TASK GOAL:
Using the material that follows, identify and copy each line with the string "Type".

PROVIDED ENTRIES:
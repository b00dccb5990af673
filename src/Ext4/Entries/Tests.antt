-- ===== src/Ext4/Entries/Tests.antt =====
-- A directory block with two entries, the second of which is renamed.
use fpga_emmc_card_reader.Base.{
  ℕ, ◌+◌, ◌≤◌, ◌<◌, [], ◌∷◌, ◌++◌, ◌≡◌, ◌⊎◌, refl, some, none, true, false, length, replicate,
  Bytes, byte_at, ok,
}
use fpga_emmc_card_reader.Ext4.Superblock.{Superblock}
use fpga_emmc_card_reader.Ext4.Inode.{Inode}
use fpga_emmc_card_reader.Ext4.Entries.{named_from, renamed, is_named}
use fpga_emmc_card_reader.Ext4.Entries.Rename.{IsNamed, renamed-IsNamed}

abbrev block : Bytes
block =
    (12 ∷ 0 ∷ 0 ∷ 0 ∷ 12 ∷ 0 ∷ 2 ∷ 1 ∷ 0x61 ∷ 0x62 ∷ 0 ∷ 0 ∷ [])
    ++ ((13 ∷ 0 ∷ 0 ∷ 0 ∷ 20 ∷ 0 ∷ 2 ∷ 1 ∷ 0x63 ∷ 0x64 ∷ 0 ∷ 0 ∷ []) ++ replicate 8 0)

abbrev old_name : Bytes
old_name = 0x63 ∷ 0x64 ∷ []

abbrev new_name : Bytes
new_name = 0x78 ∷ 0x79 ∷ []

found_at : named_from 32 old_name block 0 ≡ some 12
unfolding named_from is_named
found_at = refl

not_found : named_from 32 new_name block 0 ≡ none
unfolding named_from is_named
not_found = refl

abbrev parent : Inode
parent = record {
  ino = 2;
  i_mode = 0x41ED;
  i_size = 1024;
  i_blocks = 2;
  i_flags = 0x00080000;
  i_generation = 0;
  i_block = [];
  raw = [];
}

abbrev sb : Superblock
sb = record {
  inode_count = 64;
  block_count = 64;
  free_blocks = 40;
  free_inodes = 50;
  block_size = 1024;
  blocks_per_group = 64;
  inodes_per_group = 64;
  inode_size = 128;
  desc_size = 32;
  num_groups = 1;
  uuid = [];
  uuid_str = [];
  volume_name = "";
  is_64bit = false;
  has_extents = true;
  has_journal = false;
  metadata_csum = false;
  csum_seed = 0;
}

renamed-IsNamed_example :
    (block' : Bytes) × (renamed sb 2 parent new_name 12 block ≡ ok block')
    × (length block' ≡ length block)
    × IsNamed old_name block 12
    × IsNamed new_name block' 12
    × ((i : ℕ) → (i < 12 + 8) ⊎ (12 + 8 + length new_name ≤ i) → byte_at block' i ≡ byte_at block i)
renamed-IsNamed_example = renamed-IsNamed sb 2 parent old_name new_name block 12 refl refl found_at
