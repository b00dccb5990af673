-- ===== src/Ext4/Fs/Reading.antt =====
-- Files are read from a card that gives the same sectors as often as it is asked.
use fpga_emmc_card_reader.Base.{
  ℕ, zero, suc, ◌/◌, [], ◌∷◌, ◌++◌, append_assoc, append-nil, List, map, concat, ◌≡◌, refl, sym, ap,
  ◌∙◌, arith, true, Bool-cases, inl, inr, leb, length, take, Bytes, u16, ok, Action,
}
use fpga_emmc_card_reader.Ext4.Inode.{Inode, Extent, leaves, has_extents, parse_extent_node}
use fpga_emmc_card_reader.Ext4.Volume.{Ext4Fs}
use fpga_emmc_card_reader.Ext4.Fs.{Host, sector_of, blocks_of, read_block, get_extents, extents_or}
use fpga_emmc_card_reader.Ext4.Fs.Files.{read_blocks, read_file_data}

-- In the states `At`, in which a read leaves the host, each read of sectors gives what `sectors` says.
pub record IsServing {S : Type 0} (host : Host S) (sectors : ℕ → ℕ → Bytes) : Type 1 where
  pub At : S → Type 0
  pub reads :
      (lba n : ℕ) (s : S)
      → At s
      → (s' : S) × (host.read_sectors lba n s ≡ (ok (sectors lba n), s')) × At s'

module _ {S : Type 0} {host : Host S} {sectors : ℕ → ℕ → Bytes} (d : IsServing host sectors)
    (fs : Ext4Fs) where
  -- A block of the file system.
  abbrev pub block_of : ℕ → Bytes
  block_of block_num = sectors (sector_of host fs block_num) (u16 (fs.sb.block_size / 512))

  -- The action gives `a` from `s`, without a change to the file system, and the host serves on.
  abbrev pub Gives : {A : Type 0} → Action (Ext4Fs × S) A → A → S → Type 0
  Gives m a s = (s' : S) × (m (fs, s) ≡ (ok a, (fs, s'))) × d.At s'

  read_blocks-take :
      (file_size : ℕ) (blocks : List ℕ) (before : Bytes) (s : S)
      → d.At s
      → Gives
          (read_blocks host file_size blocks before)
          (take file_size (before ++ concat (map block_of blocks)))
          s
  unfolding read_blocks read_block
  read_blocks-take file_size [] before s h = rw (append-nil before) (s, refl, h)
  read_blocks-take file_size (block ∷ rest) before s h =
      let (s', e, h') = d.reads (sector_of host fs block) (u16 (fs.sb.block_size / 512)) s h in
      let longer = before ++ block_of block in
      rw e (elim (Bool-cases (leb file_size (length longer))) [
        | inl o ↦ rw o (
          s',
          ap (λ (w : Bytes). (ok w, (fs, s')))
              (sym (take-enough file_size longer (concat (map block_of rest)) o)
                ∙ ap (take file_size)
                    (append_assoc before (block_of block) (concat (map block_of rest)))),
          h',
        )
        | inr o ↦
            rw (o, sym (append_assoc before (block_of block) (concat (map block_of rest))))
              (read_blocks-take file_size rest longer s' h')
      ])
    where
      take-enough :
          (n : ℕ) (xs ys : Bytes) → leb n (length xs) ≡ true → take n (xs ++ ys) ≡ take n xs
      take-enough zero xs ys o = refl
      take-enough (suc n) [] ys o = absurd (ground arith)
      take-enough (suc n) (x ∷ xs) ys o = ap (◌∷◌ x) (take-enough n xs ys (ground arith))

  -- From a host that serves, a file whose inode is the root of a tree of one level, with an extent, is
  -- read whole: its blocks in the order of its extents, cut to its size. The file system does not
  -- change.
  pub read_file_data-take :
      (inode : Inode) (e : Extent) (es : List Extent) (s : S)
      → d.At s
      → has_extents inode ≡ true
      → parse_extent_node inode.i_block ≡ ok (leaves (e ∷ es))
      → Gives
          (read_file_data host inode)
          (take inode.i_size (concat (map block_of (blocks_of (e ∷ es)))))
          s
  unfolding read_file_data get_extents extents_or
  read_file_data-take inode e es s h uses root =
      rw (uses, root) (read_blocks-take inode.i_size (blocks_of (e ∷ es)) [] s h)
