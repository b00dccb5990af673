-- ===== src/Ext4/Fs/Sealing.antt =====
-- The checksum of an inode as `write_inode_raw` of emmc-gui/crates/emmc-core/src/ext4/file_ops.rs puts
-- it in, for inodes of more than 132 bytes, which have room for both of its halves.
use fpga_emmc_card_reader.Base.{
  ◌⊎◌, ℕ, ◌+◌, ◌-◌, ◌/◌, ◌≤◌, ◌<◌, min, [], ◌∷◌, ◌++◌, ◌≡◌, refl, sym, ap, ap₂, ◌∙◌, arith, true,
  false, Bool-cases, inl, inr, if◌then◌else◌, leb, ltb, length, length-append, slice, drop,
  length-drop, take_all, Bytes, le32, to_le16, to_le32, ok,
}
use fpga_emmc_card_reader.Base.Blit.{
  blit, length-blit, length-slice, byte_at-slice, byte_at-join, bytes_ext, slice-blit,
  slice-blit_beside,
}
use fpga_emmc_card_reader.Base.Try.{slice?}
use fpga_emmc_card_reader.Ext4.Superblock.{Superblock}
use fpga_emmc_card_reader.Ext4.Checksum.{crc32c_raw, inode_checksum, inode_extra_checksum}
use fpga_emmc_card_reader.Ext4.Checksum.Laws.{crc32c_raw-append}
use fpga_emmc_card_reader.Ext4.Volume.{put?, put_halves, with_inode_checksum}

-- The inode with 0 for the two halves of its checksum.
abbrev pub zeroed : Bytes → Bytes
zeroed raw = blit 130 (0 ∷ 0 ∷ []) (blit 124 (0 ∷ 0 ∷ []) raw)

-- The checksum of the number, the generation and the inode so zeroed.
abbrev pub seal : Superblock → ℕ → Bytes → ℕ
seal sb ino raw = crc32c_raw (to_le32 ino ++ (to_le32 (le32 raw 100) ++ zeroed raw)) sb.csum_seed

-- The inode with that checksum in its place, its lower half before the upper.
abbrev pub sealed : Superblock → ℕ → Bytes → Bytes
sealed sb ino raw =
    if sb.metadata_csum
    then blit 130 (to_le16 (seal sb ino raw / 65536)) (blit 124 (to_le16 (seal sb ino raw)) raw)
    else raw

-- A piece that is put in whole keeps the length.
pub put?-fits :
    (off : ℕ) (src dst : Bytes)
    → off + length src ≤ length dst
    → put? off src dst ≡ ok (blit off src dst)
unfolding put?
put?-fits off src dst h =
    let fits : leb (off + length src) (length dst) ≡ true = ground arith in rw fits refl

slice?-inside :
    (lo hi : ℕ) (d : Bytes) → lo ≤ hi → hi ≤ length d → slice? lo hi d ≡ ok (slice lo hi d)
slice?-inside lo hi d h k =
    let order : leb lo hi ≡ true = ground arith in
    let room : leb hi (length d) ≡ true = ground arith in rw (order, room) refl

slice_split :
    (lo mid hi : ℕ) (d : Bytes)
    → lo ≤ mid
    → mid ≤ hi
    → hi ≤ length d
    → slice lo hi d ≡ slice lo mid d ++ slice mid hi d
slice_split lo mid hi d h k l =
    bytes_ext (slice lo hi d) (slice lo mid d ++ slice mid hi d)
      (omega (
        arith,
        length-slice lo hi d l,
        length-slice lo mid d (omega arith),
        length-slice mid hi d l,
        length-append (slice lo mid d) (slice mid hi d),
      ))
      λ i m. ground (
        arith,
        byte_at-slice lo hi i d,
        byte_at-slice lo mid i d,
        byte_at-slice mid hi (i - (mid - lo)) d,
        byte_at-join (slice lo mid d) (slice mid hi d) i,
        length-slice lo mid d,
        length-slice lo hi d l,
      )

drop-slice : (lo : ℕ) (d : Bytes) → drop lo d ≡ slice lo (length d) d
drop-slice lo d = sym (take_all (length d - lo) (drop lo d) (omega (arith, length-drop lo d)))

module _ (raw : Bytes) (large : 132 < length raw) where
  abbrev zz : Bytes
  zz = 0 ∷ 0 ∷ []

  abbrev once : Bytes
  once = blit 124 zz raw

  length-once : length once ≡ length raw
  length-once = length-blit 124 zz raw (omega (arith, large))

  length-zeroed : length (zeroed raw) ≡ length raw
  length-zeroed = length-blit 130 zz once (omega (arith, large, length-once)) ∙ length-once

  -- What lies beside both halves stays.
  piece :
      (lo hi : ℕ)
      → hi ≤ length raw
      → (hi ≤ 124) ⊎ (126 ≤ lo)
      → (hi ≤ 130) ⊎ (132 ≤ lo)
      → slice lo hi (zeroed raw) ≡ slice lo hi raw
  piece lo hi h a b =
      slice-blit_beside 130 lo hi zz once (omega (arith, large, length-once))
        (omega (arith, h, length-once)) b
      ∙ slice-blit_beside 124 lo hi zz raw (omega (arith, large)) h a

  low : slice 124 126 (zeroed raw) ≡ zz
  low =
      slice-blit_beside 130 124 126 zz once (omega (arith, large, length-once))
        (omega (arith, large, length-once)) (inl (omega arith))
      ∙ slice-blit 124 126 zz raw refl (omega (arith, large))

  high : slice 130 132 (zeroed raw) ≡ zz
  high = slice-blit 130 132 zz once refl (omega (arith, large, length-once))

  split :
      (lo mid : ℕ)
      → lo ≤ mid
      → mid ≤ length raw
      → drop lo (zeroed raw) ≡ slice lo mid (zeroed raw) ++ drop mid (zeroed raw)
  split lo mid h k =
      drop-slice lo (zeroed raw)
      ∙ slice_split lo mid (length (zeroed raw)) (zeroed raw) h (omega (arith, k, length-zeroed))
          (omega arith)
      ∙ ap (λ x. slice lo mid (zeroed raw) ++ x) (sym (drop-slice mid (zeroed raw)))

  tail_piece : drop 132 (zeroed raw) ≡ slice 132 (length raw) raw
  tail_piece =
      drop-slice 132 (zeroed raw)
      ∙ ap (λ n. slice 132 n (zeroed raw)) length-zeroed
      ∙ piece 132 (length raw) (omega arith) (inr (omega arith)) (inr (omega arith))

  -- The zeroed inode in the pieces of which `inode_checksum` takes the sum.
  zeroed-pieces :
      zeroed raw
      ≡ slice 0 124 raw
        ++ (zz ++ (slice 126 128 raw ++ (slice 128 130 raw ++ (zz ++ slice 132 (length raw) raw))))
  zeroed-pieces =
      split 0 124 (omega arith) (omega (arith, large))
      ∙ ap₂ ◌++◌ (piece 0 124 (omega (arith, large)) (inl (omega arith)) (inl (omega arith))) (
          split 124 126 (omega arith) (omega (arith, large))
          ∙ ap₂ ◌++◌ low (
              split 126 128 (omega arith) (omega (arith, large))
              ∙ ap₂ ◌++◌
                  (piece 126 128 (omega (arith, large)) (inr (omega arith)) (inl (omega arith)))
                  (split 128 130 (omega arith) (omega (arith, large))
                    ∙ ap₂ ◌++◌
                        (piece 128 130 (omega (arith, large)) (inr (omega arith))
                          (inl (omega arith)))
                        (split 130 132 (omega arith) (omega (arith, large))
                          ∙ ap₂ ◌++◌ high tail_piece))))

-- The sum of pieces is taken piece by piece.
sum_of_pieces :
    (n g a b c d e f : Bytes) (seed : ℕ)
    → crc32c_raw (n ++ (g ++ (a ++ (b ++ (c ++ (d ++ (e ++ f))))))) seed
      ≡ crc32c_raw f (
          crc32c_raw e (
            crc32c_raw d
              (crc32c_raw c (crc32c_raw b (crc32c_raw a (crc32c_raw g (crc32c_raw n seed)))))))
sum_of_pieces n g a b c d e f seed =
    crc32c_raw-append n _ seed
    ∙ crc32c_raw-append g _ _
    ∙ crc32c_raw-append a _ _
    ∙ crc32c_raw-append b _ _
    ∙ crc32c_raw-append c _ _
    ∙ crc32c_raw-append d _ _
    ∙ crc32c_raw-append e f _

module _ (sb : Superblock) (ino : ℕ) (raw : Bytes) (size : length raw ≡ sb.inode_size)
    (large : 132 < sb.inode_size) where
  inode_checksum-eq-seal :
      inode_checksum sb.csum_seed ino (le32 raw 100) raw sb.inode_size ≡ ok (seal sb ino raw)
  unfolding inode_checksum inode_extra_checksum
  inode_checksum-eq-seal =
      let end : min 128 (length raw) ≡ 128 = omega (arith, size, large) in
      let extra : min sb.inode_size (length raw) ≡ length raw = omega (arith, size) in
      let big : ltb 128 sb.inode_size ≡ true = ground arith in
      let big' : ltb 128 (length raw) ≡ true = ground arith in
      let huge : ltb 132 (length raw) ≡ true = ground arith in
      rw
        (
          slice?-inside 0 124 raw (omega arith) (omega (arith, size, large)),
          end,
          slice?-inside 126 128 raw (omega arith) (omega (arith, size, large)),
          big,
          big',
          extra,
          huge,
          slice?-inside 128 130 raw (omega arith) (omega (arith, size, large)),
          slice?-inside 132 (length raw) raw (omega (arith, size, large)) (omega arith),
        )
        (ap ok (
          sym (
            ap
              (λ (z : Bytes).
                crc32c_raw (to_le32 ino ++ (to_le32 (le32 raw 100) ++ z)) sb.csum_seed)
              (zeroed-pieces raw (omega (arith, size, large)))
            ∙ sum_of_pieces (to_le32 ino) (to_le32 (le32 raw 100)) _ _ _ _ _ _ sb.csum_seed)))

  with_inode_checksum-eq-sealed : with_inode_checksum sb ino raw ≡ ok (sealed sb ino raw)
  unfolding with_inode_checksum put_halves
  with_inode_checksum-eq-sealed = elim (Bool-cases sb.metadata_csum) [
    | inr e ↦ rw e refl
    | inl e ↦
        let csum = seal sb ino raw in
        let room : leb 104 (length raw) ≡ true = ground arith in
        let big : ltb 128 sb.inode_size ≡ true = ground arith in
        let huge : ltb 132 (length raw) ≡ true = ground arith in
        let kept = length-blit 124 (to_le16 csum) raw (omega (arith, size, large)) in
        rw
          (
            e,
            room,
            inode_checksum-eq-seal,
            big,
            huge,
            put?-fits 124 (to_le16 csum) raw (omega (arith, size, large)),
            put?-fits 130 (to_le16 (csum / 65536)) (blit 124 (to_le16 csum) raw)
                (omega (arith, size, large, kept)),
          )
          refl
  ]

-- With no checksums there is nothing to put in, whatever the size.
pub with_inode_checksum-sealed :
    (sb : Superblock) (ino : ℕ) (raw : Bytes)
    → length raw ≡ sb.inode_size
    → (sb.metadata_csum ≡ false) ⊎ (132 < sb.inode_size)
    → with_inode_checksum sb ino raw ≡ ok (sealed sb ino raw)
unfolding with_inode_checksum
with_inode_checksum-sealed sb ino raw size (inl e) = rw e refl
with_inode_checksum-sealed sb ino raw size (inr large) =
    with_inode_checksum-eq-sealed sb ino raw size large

EXPECTED ANSWER:
pub record IsServing {S : Type 0} (host : Host S) (sectors : ℕ → ℕ → Bytes) : Type 1 where
  pub At : S → Type 0
module _ {S : Type 0} {host : Host S} {sectors : ℕ → ℕ → Bytes} (d : IsServing host sectors)
  abbrev pub Gives : {A : Type 0} → Action (Ext4Fs × S) A → A → S → Type 0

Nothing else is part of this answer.